(Items from a dataset)
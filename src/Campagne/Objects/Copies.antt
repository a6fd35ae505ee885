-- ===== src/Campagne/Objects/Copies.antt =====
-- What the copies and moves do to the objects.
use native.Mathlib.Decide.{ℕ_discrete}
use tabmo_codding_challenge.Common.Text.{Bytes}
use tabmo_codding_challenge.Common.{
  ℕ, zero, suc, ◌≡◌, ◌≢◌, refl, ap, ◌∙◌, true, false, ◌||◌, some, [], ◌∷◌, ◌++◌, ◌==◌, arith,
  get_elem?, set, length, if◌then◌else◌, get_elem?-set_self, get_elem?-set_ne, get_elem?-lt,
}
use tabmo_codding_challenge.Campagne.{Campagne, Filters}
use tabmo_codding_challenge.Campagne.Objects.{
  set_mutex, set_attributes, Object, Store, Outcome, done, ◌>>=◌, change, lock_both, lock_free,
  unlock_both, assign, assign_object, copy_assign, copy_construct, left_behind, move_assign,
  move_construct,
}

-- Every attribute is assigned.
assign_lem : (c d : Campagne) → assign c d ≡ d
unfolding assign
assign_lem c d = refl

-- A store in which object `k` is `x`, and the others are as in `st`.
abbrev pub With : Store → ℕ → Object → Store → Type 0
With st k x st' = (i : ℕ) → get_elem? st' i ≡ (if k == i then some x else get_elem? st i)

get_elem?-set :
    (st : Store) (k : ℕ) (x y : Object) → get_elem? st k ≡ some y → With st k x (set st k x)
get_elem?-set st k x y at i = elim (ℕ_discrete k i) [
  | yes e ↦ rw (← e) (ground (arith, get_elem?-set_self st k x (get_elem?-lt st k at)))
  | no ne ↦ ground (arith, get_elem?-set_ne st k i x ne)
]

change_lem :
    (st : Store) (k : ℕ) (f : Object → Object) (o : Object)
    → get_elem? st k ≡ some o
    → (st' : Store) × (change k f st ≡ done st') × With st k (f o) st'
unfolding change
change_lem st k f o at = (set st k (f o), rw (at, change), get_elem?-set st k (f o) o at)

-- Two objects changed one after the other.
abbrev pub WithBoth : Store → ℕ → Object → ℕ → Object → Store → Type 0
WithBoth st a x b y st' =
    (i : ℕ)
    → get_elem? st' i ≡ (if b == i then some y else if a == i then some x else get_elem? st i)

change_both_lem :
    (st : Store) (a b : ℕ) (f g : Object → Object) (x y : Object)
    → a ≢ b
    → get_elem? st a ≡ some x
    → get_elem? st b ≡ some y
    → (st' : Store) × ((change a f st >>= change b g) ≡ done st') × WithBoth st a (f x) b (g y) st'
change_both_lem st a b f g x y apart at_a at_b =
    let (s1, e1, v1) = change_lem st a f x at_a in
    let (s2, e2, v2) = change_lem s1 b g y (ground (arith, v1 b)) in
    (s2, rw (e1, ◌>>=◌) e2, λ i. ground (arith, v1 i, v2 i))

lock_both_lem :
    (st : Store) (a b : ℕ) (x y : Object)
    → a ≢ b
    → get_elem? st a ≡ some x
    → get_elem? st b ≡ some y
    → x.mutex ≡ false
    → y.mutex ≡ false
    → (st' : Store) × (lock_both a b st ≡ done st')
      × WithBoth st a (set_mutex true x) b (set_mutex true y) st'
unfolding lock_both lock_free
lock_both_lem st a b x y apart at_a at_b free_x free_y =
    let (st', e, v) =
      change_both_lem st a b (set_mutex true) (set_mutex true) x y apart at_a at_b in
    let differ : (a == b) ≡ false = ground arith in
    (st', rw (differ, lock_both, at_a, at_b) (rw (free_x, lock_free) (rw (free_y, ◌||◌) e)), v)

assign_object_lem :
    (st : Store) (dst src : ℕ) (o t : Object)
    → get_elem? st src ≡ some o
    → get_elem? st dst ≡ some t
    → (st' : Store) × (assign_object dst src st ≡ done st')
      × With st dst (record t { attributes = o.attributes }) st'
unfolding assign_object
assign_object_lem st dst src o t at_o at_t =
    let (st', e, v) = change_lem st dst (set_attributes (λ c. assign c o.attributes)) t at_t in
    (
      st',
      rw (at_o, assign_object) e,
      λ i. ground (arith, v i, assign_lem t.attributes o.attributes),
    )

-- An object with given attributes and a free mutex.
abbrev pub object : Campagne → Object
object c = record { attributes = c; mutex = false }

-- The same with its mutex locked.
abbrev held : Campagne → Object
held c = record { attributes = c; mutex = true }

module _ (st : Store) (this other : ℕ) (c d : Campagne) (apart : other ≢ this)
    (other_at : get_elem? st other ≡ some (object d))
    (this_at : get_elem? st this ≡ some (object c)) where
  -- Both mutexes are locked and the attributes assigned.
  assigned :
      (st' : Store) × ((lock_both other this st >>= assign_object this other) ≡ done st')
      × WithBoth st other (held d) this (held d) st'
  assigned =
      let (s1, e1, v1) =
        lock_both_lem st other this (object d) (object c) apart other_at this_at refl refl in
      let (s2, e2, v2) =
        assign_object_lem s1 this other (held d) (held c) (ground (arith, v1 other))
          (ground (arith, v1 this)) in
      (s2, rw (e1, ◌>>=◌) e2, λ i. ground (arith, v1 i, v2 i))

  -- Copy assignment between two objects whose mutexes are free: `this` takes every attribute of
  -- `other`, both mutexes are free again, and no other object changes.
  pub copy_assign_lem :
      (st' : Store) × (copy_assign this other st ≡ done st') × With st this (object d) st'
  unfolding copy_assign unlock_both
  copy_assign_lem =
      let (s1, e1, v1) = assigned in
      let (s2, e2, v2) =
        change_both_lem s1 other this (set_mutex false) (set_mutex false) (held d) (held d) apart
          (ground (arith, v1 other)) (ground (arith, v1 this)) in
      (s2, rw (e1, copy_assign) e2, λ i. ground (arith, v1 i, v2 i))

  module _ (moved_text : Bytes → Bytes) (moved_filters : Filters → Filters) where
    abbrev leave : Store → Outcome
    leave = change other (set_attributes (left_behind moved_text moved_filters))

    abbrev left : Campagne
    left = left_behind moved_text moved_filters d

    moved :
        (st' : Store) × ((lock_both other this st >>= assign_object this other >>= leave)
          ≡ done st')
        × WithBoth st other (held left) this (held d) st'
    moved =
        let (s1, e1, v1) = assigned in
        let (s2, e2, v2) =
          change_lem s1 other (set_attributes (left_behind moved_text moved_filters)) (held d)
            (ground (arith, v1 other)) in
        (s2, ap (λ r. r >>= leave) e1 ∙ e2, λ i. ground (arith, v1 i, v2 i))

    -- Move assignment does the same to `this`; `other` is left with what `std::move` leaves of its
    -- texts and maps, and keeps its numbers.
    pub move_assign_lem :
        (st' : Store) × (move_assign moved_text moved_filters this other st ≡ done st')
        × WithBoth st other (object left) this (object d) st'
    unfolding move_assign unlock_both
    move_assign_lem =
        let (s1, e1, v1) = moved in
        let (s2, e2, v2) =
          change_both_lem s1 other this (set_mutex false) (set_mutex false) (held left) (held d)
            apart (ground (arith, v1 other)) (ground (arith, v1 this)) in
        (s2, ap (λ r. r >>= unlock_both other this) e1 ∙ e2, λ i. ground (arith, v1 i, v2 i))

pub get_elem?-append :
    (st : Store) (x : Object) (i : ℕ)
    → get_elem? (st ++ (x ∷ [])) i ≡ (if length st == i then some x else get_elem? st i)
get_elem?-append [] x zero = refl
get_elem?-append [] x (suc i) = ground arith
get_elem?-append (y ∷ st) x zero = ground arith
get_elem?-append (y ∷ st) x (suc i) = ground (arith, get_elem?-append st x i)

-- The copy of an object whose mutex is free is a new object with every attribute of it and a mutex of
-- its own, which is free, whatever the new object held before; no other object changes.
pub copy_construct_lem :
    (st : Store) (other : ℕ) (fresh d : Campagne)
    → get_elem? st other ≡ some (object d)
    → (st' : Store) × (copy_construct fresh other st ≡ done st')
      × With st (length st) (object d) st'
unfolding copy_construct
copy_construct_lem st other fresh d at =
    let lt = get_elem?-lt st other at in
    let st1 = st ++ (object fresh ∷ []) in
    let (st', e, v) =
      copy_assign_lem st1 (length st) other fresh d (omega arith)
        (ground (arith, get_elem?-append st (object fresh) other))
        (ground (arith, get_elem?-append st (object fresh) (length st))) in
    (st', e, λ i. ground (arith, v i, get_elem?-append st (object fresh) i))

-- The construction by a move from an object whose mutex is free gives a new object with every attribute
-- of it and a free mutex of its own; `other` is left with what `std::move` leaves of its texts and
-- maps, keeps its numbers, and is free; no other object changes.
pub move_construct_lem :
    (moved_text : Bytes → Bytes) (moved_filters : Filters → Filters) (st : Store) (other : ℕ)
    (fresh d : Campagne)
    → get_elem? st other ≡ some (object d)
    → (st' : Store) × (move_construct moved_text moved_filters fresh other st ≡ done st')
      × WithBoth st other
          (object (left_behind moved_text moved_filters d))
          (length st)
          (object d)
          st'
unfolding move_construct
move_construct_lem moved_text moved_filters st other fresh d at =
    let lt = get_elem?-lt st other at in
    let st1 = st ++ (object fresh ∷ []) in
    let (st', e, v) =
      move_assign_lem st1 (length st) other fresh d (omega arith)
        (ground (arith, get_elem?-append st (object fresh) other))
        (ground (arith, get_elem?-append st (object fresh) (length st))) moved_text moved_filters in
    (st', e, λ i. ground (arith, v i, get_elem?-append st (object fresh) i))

**PROBLEM:**
Which lines above hold the string "abbrev"? Copy each of them.

**THE COMPLETED TASK:**
abbrev pub With : Store → ℕ → Object → Store → Type 0
abbrev pub WithBoth : Store → ℕ → Object → ℕ → Object → Store → Type 0
abbrev pub object : Campagne → Object
abbrev held : Campagne → Object
    abbrev leave : Store → Outcome
    abbrev left : Campagne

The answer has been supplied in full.